• [WORK REQUEST]:
Your answer should be every line of the records that contains the word "then", copied as it stands.

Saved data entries
· · · ·

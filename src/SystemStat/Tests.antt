-- ===== src/SystemStat/Tests.antt =====
-- src/system_stat.cpp: runs on samples of the interfaces.
use dnsmeter.SystemStat.{Network, Interface, add_network}

abbrev first : Network
first = record { bytes = 1000; packets = 10; errs = 0; drop = 1 }

abbrev growth : Network
growth = record { bytes = 64; packets = 1; errs = 0; drop = 0 }

abbrev before : Interface
before = record { name = "eth0"; receive = first; transmit = first }

abbrev after : Interface
after = record { name = "eth0"; receive = add_network first growth; transmit = growth }
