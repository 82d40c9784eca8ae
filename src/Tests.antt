-- ===== src/Tests.antt =====
-- Small inputs on which the theorems about the population apply, and the tests.
pub mod Samples
pub mod Ledgers
pub mod Choices
pub mod Starts
pub mod Archived
pub mod Decoders
pub mod Selections
pub mod Generations
mod Rounds
mod Chains
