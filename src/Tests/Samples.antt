-- ===== src/Tests/Samples.antt =====
-- A platform whose floats are natural numbers, on which the code runs, and documents for it.
use metering.Prelude.{
  none, some, str_eq, ℕ, Bool, ◌+◌, ◌*◌, ◌-◌, ◌/◌, true, false, [], ◌∷◌, ltb, leb, if◌then◌else◌,
  ◌==◌, String, sum,
}
use metering.Prelude.Int.{ℤ, pos, negsuc}
use metering.Runtime.{
  Result, ok, raise, value_error, Json, null, bool, int, float, str, arr, obj, array, Platform, end,
  field,
}
use metering.Population.Types.{Configuration, Resources, Metric, RunBody}

abbrev pub digest : String
digest = "00112233445566778899aabbccddeeff00112233445566778899aabbccddeeff"

abbrev pub other_digest : String
other_digest = "ff112233445566778899aabbccddeeff00112233445566778899aabbccddeeff"

abbrev number : String → ℕ
number s =
    if str_eq s "1.0"
    then 1
    else if str_eq s "2.0"
    then 2
    else if str_eq s "1000000.0"
    then 1000000
    else 0

abbrev quotient : ℕ → ℕ → Result ℕ
quotient a b = if b == 0 then raise value_error else ok (a / b)

abbrev of_integer : ℤ → Result ℕ
of_integer (pos n) = ok n
of_integer (negsuc n) = raise value_error

abbrev eq_integer : ℕ → ℤ → Bool
eq_integer a (pos n) = a == n
eq_integer a (negsuc n) = false

-- Every document has one text, and every text one digest.
abbrev pub toy : Platform
toy = record {
  Float = ℕ;
  literal = number;
  inf = 1000000;
  is_finite = λ x. ltb x 1000000;
  is_inf = λ x. x == 1000000;
  float_eq_int = eq_integer;
  float_eq = λ x y. x == y;
  float_le = leb;
  float_lt = ltb;
  neg = λ x. x;
  abs = λ x. x;
  add = λ x y. x + y;
  sub = λ x y. x - y;
  mul = λ x y. x * y;
  div = quotient;
  of_int = of_integer;
  int_div = quotient;
  log = λ x. ok (x - 1);
  fsum = λ xs. ok (sum xs);
  is_close = λ x y t. x == y;
  is_close_relative = λ x y t. x == y;
  stdev = λ xs. ok 0;
  dumps = λ v. ok "{}";
  recursion_room = 1000;
  sha256 = λ s. digest;
}

abbrev pub configuration : Configuration ℕ
configuration = record {
  archive_policy = record { capacity = 2; reliability_kappa = 1 };
  name = "search";
}

abbrev pub candidate_document : Json ℕ
candidate_document = obj (
    field "candidate"
      (obj (
        field "artifact" (obj (field "artifact_schema" (str "agent-default-v1") end))
          (field "candidate_id" (str digest) end)))
      (field "parents" (arr (array [])) (
        field "variation"
          (obj (field "choice" null (field "policy_id" null (field "type" (str "seed-v1") end))))
          end)))

abbrev resources_document : Json ℕ
resources_document = obj (
    field "actions" (int (pos 5)) (
      field "energy_millijoules" (int (pos 5)) (
        field "gpu_milliseconds" (int (pos 5)) (
          field "memory_bytes" (int (pos 5)) (
            field "storage_bytes" (int (pos 5))
              (field "tokens" (int (pos 5)) (field "wall_milliseconds" (int (pos 5)) end)))))))

-- The document of an experiment with one case and the role given.
abbrev pub experiment_document : String → Json ℕ
experiment_document role = obj (
    field "experiment"
      (obj (
        field "behavior_space" (arr (array (str "tested" ∷ []))) (
          field "budget" resources_document (
            field "case_count" (int (pos 1)) (
              field "evaluator_id" (str digest) (
                field "information_objective" (bool false) (
                  field "role" (str role)
                    (field "runtime_id" (str digest) (field "task_set_id" (str digest) end)))))))))
      (field "experiment_id" (str digest) end))

abbrev pub evidence_document : Json ℕ
evidence_document = obj (
    field "behavior_distribution" (arr (array (float 1 ∷ []))) (
      field "cost" resources_document (
        field "evidence_receipt"
          (obj (field "sha256" (str digest) (field "uri" (str "file:///receipt") end)))
          (field "information_model" null (
            field "protected_passed" (bool true) (
              field "target_probabilities" (arr (array (float 1 ∷ []))) (
                field "task"
                  (obj (
                    field "case_count" (int (pos 1)) (
                      field "passed_count" (int (pos 1))
                        (field "safety_failures" (int (pos 0)) end))))
                  end)))))))

abbrev pub run_document : String → Json ℕ
run_document replicate = obj (
    field "evidence" evidence_document (
      field "measurements" null (
        field "run"
          (obj (
            field "candidate_id" (str digest) (
              field "experiment_id" (str digest) (
                field "replicate_id" (str replicate)
                  (field "run_id" (str digest) (field "seed" null end))))))
          end)))

abbrev pub costs : ℕ → Resources
costs n = record {
  actions = n;
  energy_millijoules = n;
  gpu_milliseconds = n;
  memory_bytes = n;
  storage_bytes = n;
  tokens = n;
  wall_milliseconds = n;
}

-- The aggregate of a candidate with the counts of passed and of all cases.
abbrev pub aggregate : String → ℕ → ℕ → Metric ℕ
aggregate candidate_id passed cases = record {
  behavior_distribution = 1 ∷ [];
  candidate_id = candidate_id;
  cost = costs 1;
  information_value_bits = none;
  mean_target_surprisal_bits = record { infinite = false; value = some 0 };
  novelty_bits = record { infinite = false; value = some 0 };
  reliability = 0;
  replicate_count = 1;
  survival_passed = true;
  case_count = cases;
  passed_count = passed;
  rate = 0;
}

-- A run that passes its case.
abbrev pub scored_run : RunBody ℕ
scored_run = record {
  evidence = record {
    behavior_distribution = 1 ∷ [];
    cost = costs 4;
    receipt_sha256 = digest;
    receipt_uri = "file:///receipt";
    information_model = none;
    protected_passed = true;
    target_probabilities = 1 ∷ [];
    task = record { case_count = 1; passed_count = 1; safety_failures = 0 };
  };
  measurements = record {
    budget_passed = true;
    information_value_bits = none;
    mean_target_surprisal_bits = record { infinite = false; value = some 0 };
    survival_passed = true;
    task_rate = 1;
  };
  run = record {
    candidate_id = digest;
    experiment_id = digest;
    replicate_id = "first";
    run_id = digest;
    seed = null;
  };
}
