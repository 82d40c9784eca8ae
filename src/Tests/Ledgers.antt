-- ===== src/Tests/Ledgers.antt =====
-- A ledger of three records, the states along it, and a final run.
use metering.Prelude.{
  none, some, ◌≡◌, refl, ℕ, true, false, List, [], ◌∷◌, ◌++◌, any, any_char, contains, subset,
  filter, String,
}
use metering.Prelude.Int.{pos}
use metering.Runtime.{
  ok, Json, null, str, int, Fields, field, end, traverse, get, has_key, without, keys, items, array,
}
use metering.Runtime.Dict.{find, put, member}
use metering.AgentProtocol.{
  require_object, require_nonempty_array, item, is_text, get_is_text, require_exact_keys,
  require_utf8, require_nonempty_string, require_sha256, require_bool, canonical_json,
  canonical_digest, require_same_json, finite_number, probability, normalize_json_value,
}
use metering.AgentProtocol.Artifact.{
  default, decode_candidate, decode_agent_artifact, artifact_digest,
}
use metering.Journal.{content_record, validate_content_record}
use metering.Population.Schema.{
  configuration_json, normalize_configuration, is_int, in_texts, parent_ids, decode_variation,
  require_population_schema, nonnegative_integer, resources, positive_integer,
}
use metering.Population.Types.{PopulationState, head_id, final, Experiment}
use metering.Population.Candidates.{normalize_candidate_body, require_known}
use metering.Population.State.{
  new_state, apply_record, empty_state, header_fields, apply_body, apply_candidate,
  apply_experiment, apply_run, checked_record_id, refuse_sealed,
}
use metering.Population.State.Ledger.{
  initialize, append_validated_record, load_state, replay, next_fields,
}
use metering.Population.State.Replay.{load_state-records, load_state-append_validated_record}
use metering.Population.Experiments.{experiment_digest, normalize_experiment_body, experiment_spec}
use metering.Population.State.Scores.{AllScored, load_state-AllScored}
use metering.Population.State.Lineage.{IsLineage, load_state-IsLineage}
use metering.Population.State.Seal.{SameSearch, replay-SameSearch}
use metering.Population.Runs.{run_digest, normalize_run_body}
use metering.Population.Evidence.{
  run_evidence, decode_task, normalize_distribution, information_model, within,
}
use metering.Information.Measures.{self_information, entropy}
use metering.Information.{distribution, validated_base, validated_probability}
use metering.Tests.Samples.{
  toy, configuration, candidate_document, run_document, digest, costs, experiment_document,
}

-- A record of the ledger.
abbrev pub entry : String → ℕ → Json ℕ → Fields ℕ
entry kind n body = field "record_id" (str digest) (
    field "body" body (
      field "kind" (str kind) (
        field "parent_record_id" (str digest)
          (field "schema_version" (int (pos 1)) (field "sequence" (int (pos n)) end)))))

abbrev pub header : Fields ℕ
header = field "record_id" (str digest) (
    field "configuration" (configuration_json toy configuration) (
      field "kind" (str "population")
        (field "schema_version" (int (pos 1)) (field "sequence" (int (pos 0)) end))))

abbrev pub empty_population : PopulationState ℕ
unfolding empty_state
empty_population = empty_state toy configuration header digest

abbrev pub candidate_entry : Fields ℕ
candidate_entry = entry "candidate" 1 candidate_document

abbrev pub ledger : List (Fields ℕ)
ledger = header ∷ candidate_entry ∷ []

abbrev pub with_candidate : PopulationState ℕ
with_candidate = record empty_population {
  records = ledger;
  records_by_id = (digest, candidate_entry) ∷ [];
  candidates = (digest, record { artifact = default; candidate_id = digest }) ∷ [];
  candidate_record_ids = (digest, digest) ∷ [];
  candidate_parents = (digest, []) ∷ [];
}

initialized : initialize toy configuration ≡ ok (header ∷ [])
unfolding initialize content_record has_key metering.Population.State.header_fields canonical_digest
    configuration_json
initialized = refl

loaded_header : load_state toy (header ∷ []) ≡ ok empty_population
unfolding load_state replay new_state require_exact_keys item get subset keys contains get_is_text
    require_population_schema is_int normalize_configuration require_object configuration_json
    content_record canonical_digest has_key header_fields require_same_json canonical_json
    require_utf8 empty_state apply_record checked_record_id head_id is_text validate_content_record
    any_char without refuse_sealed in_texts apply_body apply_candidate normalize_candidate_body
    decode_candidate require_sha256 require_nonempty_string parent_ids items array require_known
    decode_variation normalize_json_value member put find finite_number decode_agent_artifact
    artifact_digest
loaded_header = refl

loaded : load_state toy ledger ≡ ok with_candidate
unfolding load_state replay new_state require_exact_keys item get subset keys contains get_is_text
    require_population_schema is_int normalize_configuration require_object configuration_json
    content_record canonical_digest has_key header_fields require_same_json canonical_json
    require_utf8 empty_state apply_record checked_record_id head_id is_text validate_content_record
    any_char without refuse_sealed in_texts apply_body apply_candidate normalize_candidate_body
    decode_candidate require_sha256 require_nonempty_string parent_ids items array require_known
    decode_variation normalize_json_value member put find finite_number decode_agent_artifact
    artifact_digest
loaded = refl

pub appended :
    append_validated_record toy (header ∷ []) true empty_population "candidate" candidate_document
    ≡ ok (with_candidate, ledger)
unfolding append_validated_record next_fields load_state replay new_state require_exact_keys item
    get subset keys contains get_is_text require_population_schema is_int normalize_configuration
    require_object configuration_json content_record canonical_digest has_key header_fields
    require_same_json canonical_json require_utf8 empty_state apply_record checked_record_id head_id
    is_text validate_content_record any_char without refuse_sealed in_texts apply_body
    apply_candidate normalize_candidate_body decode_candidate require_sha256 require_nonempty_string
    parent_ids items array require_known decode_variation normalize_json_value member put find
    finite_number decode_agent_artifact artifact_digest
appended = refl

load_state-records_example : with_candidate.records ≡ ledger
load_state-records_example = load_state-records toy ledger loaded

load_state-append_validated_record_example : load_state toy ledger ≡ ok with_candidate
load_state-append_validated_record_example =
    load_state-append_validated_record toy (header ∷ []) true empty_population "candidate"
      candidate_document loaded_header appended

load_state-IsLineage_example : IsLineage with_candidate
load_state-IsLineage_example = load_state-IsLineage toy ledger loaded

abbrev pub final_experiment : Experiment
final_experiment = record {
  behavior_space = "tested" ∷ [];
  budget = costs 5;
  case_count = 1;
  evaluator_id = digest;
  information_objective = false;
  role = final;
  runtime_id = digest;
  task_set_id = digest;
}

-- The candidate and a final experiment, sealed.
abbrev sealed : PopulationState ℕ
sealed = record with_candidate {
  experiments = (digest, final_experiment) ∷ [];
  experiment_record_ids = (digest, digest) ∷ [];
  final_evaluation_started = true;
}

abbrev run_entry : Fields ℕ
run_entry = entry "run" 2 (run_document "first")

abbrev pub after_run : PopulationState ℕ
after_run = record sealed {
  records = ledger ++ run_entry ∷ [];
  records_by_id = (digest, run_entry) ∷ [];
  runs =
      record {
        evidence = record {
          behavior_distribution = 1 ∷ [];
          cost = costs 5;
          receipt_sha256 = digest;
          receipt_uri = "file:///receipt";
          information_model = none;
          protected_passed = true;
          target_probabilities = 1 ∷ [];
          task = record { case_count = 1; passed_count = 1; safety_failures = 0 };
        };
        measurements = record {
          budget_passed = true;
          information_value_bits = none;
          mean_target_surprisal_bits = record { infinite = false; value = some 0 };
          survival_passed = true;
          task_rate = 1;
        };
        run = record {
          candidate_id = digest;
          experiment_id = digest;
          replicate_id = "first";
          run_id = digest;
          seed = null;
        };
      }
      ∷ [];
  run_record_ids = (digest, digest) ∷ [];
  run_keys = (digest, digest, "first") ∷ [];
  last_run_sequence_by_experiment = (digest, 2) ∷ [];
}

replayed : replay toy sealed (run_entry ∷ []) 2 ≡ ok after_run
unfolding load_state replay new_state require_exact_keys item get subset keys contains get_is_text
    require_population_schema is_int normalize_configuration require_object configuration_json
    content_record canonical_digest has_key header_fields require_same_json canonical_json
    require_utf8 empty_state apply_record checked_record_id head_id is_text validate_content_record
    any_char without refuse_sealed in_texts apply_body apply_candidate normalize_candidate_body
    decode_candidate require_sha256 require_nonempty_string parent_ids items array require_known
    decode_variation normalize_json_value member put find finite_number decode_agent_artifact
    artifact_digest apply_run normalize_run_body run_digest run_evidence resources
    nonnegative_integer decode_task traverse probability self_information validated_base
    validated_probability any normalize_distribution require_nonempty_array entropy distribution
    filter information_model require_bool within
replayed = refl

replay-SameSearch_example : SameSearch sealed after_run
replay-SameSearch_example = replay-SameSearch toy sealed (run_entry ∷ []) 2 refl replayed

-- A ledger of a candidate, a final experiment and a run.
abbrev experiment_entry : Fields ℕ
experiment_entry = entry "experiment" 2 (experiment_document "final")

abbrev pub final_run_entry : Fields ℕ
final_run_entry = entry "run" 3 (run_document "first")

abbrev full_ledger : List (Fields ℕ)
full_ledger = header ∷ candidate_entry ∷ experiment_entry ∷ final_run_entry ∷ []

abbrev pub with_run : PopulationState ℕ
with_run = record after_run {
  records = full_ledger;
  records_by_id = (digest, final_run_entry) ∷ [];
  last_run_sequence_by_experiment = (digest, 3) ∷ [];
}

fully_loaded : load_state toy full_ledger ≡ ok with_run
unfolding load_state replay new_state require_exact_keys item get subset keys contains get_is_text
    require_population_schema is_int normalize_configuration require_object configuration_json
    content_record canonical_digest has_key header_fields require_same_json canonical_json
    require_utf8 empty_state apply_record checked_record_id head_id is_text validate_content_record
    any_char without refuse_sealed in_texts apply_body apply_candidate normalize_candidate_body
    decode_candidate require_sha256 require_nonempty_string parent_ids items array require_known
    decode_variation normalize_json_value member put find finite_number decode_agent_artifact
    artifact_digest apply_run normalize_run_body run_digest run_evidence resources
    nonnegative_integer decode_task traverse probability self_information validated_base
    validated_probability any normalize_distribution require_nonempty_array entropy distribution
    filter information_model require_bool within apply_experiment normalize_experiment_body
    experiment_spec positive_integer experiment_digest
fully_loaded = refl

load_state-AllScored_example : AllScored with_run
load_state-AllScored_example = load_state-AllScored toy full_ledger fully_loaded

-- The final experiment is registered, and no run has sealed the search.
abbrev pub with_final : PopulationState ℕ
with_final = record with_candidate {
  records = header ∷ candidate_entry ∷ experiment_entry ∷ [];
  records_by_id = (digest, experiment_entry) ∷ [];
  experiments = (digest, final_experiment) ∷ [];
  experiment_record_ids = (digest, digest) ∷ [];
}

pub sealed_by_run : replay toy with_final (final_run_entry ∷ []) 3 ≡ ok with_run
unfolding load_state replay new_state require_exact_keys item get subset keys contains get_is_text
    require_population_schema is_int normalize_configuration require_object configuration_json
    content_record canonical_digest has_key header_fields require_same_json canonical_json
    require_utf8 empty_state apply_record checked_record_id head_id is_text validate_content_record
    any_char without refuse_sealed in_texts apply_body apply_candidate normalize_candidate_body
    decode_candidate require_sha256 require_nonempty_string parent_ids items array require_known
    decode_variation normalize_json_value member put find finite_number decode_agent_artifact
    artifact_digest apply_run normalize_run_body run_digest run_evidence resources
    nonnegative_integer decode_task traverse probability self_information validated_base
    validated_probability any normalize_distribution require_nonempty_array entropy distribution
    filter information_model require_bool within apply_experiment normalize_experiment_body
    experiment_spec positive_integer experiment_digest
sealed_by_run = refl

· · · ·

• [SOLUTION TO THE PROBLEM]:
  none, some, str_eq, ℕ, Bool, ◌+◌, ◌*◌, ◌-◌, ◌/◌, true, false, [], ◌∷◌, ltb, leb, if◌then◌else◌,
    then 1
    then 2
    then 1000000
quotient a b = if b == 0 then raise value_error else ok (a / b)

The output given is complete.